18 observations, thoughts and predictions for the week in golf…

 

  1. Arnaud Massy, the 1907 Open Championship winner, getting major run on a Saturday night on CBS from Jim Nantz was all we ever needed.  Massy was a Frenchman like Matthieu Pavon, the winner of the Farmers Insurance Open.  Martin Trainer was born in France but when he won the Puerto Rico Open in 2019, he was representing the United States, but he changed his sporting nationality to French in October of 2022.  This of course set off a social media shit storm as Pavon was being declared the first French champion since WWII on the PGA Tour.  I just want to know who was the courtesy car sponsor for the Open Championship in 1907 when Massy won?  Also, the ability of a faction of the golf media to choke the charm out of all things including bickering about who was born where and which country they represent is unrelenting.
  1. Pavon’s closing hole birdie was wildly impressive considering he was in a mini meltdown.  He pulled his second shot on 17 which left him a lengthy birdie putt. The resulting pulled 4-footer for par gave him a one-shot lead on 18 and after a poor drive, a below average fairway bunker shot that nestled in the long rough he was staring at 155 yards over water to a front pin.  His 3rd shot and the downhill make for his first win was accentuated by the great work of the CBS golf team and was excellent television. 
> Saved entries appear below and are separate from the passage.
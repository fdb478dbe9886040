-- ===== src/Results.antt =====
-- api/app/results.py: the outcome of a job's attempts, and the settlement of its escrow.
pub mod Settlement
pub mod Outcomes
pub mod Slashing
pub mod Finalize
pub mod Decisions
pub mod Payout
pub mod Recording
pub mod Returns
pub mod Hashable
pub mod Deciding
mod Tests
use gridix_infra.Prelude.{
  ℕ, Bool, true, false, ◌&&◌, ◌||◌, ◌+◌, ◌-◌, ◌*◌, Option, none, some, [], ◌∷◌, if◌then◌else◌, ltb,
  leb, is_some,
}
use gridix_infra.Prelude.Int.{ℤ, pos}
use gridix_infra.Models.{
  JobKind, JobStatus, LedgerAccount, AttemptOutcome, ReputationKind, debit, credit, kind_eq,
  status_eq,
}
use gridix_infra.Models.Rows.{Job, Uuid}
use gridix_infra.Config.{Settings, second}
use gridix_infra.Session.{Action, pure, ◌>>=◌, ◌>>◌}
use gridix_infra.Ledger.{posting, post_transaction}
use gridix_infra.Payments.{PaymentProvider}
use gridix_infra.Pricing.{compute_cost, data_cost, protocol_fee}

-- `_duration_seconds`, in microseconds: the run's time, never below 0, or the whole budget.
abbrev pub duration : Job → ℕ
duration job = elim job.started_at [
  | none ↦ job.timeout_seconds * second
  | some started ↦ elim job.finished_at [
    | none ↦ job.timeout_seconds * second
    | some finished ↦ finished - started
  ]
]

-- What the developer pays for the run: at most what is in escrow.
abbrev pub cost_of : Settings → Job → ℕ → ℕ
cost_of settings job escrow =
    let cost = compute_cost job.resource_spec (duration job) settings in
    if ltb escrow cost then escrow else cost

unfoldable pub refund_remainder : PaymentProvider → Job → ℕ → Action (Unit {0})
refund_remainder payment job remainder =
    if leb remainder 0 then pure tt else payment.refund job.id job.developer_id (pos remainder)

-- The charge for the data moved, apart from the escrow.
unfoldable pub charge_data : Job → ℕ → Action (Unit {0})
charge_data job dcost = if leb dcost 0 then pure tt else do
  post_transaction
      (posting LedgerAccount.developer debit (pos dcost) (some job.developer_id)
        ∷ posting LedgerAccount.protocol credit (pos dcost) none
        ∷ [])
      "data_cost" (some job.id) none
  pure tt

unfoldable pub settle_completed : PaymentProvider → Settings → ℕ → Job → ℕ → Uuid → Action Job
settle_completed payment settings num_bytes job escrow winner = do
  let cost = cost_of settings job escrow
  let dcost = data_cost num_bytes settings
  payment.settle job.id job.developer_id winner (pos cost) (pos (protocol_fee cost settings))
  refund_remainder payment job (escrow - cost)
  charge_data job dcost
  pure (record job { cost_final = some (cost + dcost) })

unfoldable pub refund_all : PaymentProvider → Job → ℕ → Action Job
refund_all payment job escrow = do
  payment.refund job.id job.developer_id (pos escrow)
  pure (record job { cost_final = some 0 })

abbrev pub settle_escrow : PaymentProvider → Settings → ℕ → Job → ℕ → Option Uuid → Action Job
settle_escrow payment settings num_bytes job escrow none = refund_all payment job escrow
settle_escrow payment settings num_bytes job escrow (some winner) =
    if status_eq job.status JobStatus.completed
    then settle_completed payment settings num_bytes job escrow winner
    else refund_all payment job escrow

abbrev pub settle_held : PaymentProvider → Settings → ℕ → Job → Option Uuid → Option ℕ → Action Job
settle_held payment settings num_bytes job winner none = pure job
settle_held payment settings num_bytes job winner (some escrow) =
    settle_escrow payment settings num_bytes job escrow winner

-- `_settle`: `num_bytes` is what `job_bytes` finds, and `winner` the winning provider's id.
unfoldable pub settle_job : PaymentProvider → Settings → ℕ → Job → Option Uuid → Action Job
settle_job payment settings num_bytes job winner =
    if kind_eq job.kind JobKind.canary
    then pure job
    else settle_held payment settings num_bytes job winner job.escrow_amount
  1. Nicolai Hojgaard is up to 30th in the Official World Golf Rankings and if you include the Data Golf Rankings, he’s even higher.  He’s that guy.  Equipped technically, emotionally, and psychologically to swim in the deep end of the pool.  2024 will continue his ascent and the likelihood of his first PGA Tour win is strong and a major weekend that he should be in the throes of it all.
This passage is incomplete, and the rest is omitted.